--- ABOUT THIS EXERCISE ---
Copy each line containing the word "what" from the records that follow, please.

--- EXTRACTED INFORMATION ---
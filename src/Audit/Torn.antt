-- ===== src/Audit/Torn.antt =====
-- bothy/audit.py, append: a log whose last write stopped in the middle of a line.
use bothy.Common.{String, ◌≡◌, refl, ◌∙◌, ap, true, [], ◌∷◌, ◌++◌, List, ok}
use bothy.Audit.Log.{
  Line, junk, entry, AuditLog, Entry, written, Body, records, is_junk, append, add_line,
}
use bothy.Audit.Tip.{records-append}
use bothy.Audit.Chain.{next_record}

append_nil : (ls : List Line) → ls ++ [] ≡ ls
append_nil [] = refl
append_nil (l ∷ ls) = λ i. l ∷ append_nil ls i

-- The first append after a torn write is acknowledged, and its record is in no reader's sight: the
-- line completes the piece that was there, and the readers skip it.
pub append-torn :
    (digest : Body → String) (log : AuditLog) (ts : String) (e : Entry)
    → log.file.torn ≡ true
    → (append digest log written ts e).1 ≡ ok (next_record digest log ts e)
      × records (append digest log written ts e).0.file.lines ≡ records log.file.lines
unfolding append next_record add_line records is_junk
append-torn digest log ts e torn = (
  refl,
  ap (λ t. records (add_line t log.file.lines (entry (next_record digest log ts e)))) torn
      ∙ records-append log.file.lines (junk ∷ [])
      ∙ append_nil (records log.file.lines),
)
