-- ===== src/Budget.antt =====
-- bothy/budget.py: what a run may spend, reserved before it starts.
pub mod Policy
pub mod Ledger
pub mod Conservation
pub mod Cap
pub mod Gate
pub mod Reaping
mod Examples
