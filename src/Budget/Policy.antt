-- ===== src/Budget/Policy.antt =====
-- bothy/budget.py: prices, token counts and the caps. Dollars and percents are counted in whole
-- micro-units, so 2.0 dollars is 2_000_000; a price is micro-dollars for a million tokens.
use bothy.Common.{ℕ, zero, ◌+◌, ◌*◌, ◌/◌, String, Option, none, some}
use bothy.Dict
use bothy.Dict.{Dict}

pub data Mode : Type 0 where
  api subscription : Mode

pub record Usage : Type 0 where
  pub input_tokens : ℕ
  pub cached_input_tokens : ℕ
  pub cache_write_tokens : ℕ
  pub output_tokens : ℕ
  pub reasoning_output_tokens : ℕ

-- Python's `a or b`, for a number that may be absent: zero counts as absent
unfoldable pub or_count : Option ℕ → ℕ → ℕ
or_count none d = d
or_count (some zero) d = d
or_count (some n) d = n

count_field : Dict ℕ → String → String → ℕ
count_field block camel snake = or_count (Dict.get block camel) (or_count (Dict.get block snake) 0)

-- the block's values are token counts; what is no number is not modelled
unfoldable pub from_app_server : Dict ℕ → Usage
unfolding count_field or_count Dict.get
from_app_server block = record {
  input_tokens = count_field block "inputTokens" "input_tokens";
  cached_input_tokens = count_field block "cachedInputTokens" "cached_input_tokens";
  cache_write_tokens = count_field block "cacheWriteInputTokens" "cache_write_input_tokens";
  output_tokens = count_field block "outputTokens" "output_tokens";
  reasoning_output_tokens = count_field block "reasoningOutputTokens" "reasoning_output_tokens";
}

pub record Pricing : Type 0 where
  pub input : ℕ
  pub cached_input : ℕ
  pub cache_write : ℕ
  pub output : ℕ

-- the sum over the kinds, before it is divided by a million tokens
unfoldable pub weighted : Pricing → Usage → ℕ
weighted p u =
    u.input_tokens * p.input
    + u.cached_input_tokens * p.cached_input
    + u.cache_write_tokens * p.cache_write
    + u.output_tokens * p.output

-- rounded down to a micro-dollar
unfoldable pub cost : Pricing → Usage → ℕ
unfolding weighted
cost p u = weighted p u / 1000000

abbrev pub default_pricing : Pricing
default_pricing = record {
  input = 1250000;
  cached_input = 125000;
  cache_write = 1562500;
  output = 10000000;
}

-- `reservation_ttl` is in microseconds, as every span of time here
pub record BudgetPolicy : Type 0 where
  pub mode : Mode
  pub per_run_usd : ℕ
  pub per_day_usd : ℕ
  pub model_pricing : String
  pub per_run_percent : ℕ
  pub ceiling_percent : ℕ
  pub reservation_ttl : ℕ

unfoldable pub unit : BudgetPolicy → String
unit p = elim p.mode [ api ↦ "usd" | subscription ↦ "percent" ]

unfoldable pub per_run : BudgetPolicy → ℕ
per_run p = elim p.mode [ api ↦ p.per_run_usd | subscription ↦ p.per_run_percent ]

unfoldable pub ceiling : BudgetPolicy → ℕ
ceiling p = elim p.mode [ api ↦ p.per_day_usd | subscription ↦ p.ceiling_percent ]

unfoldable pub cap_name : BudgetPolicy → String
cap_name p = elim p.mode [ api ↦ "per_day_usd" | subscription ↦ "ceiling_percent" ]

--- COMPLETED EXERCISE ---
-- bothy/budget.py: what a run may spend, reserved before it starts.
-- the block's values are token counts; what is no number is not modelled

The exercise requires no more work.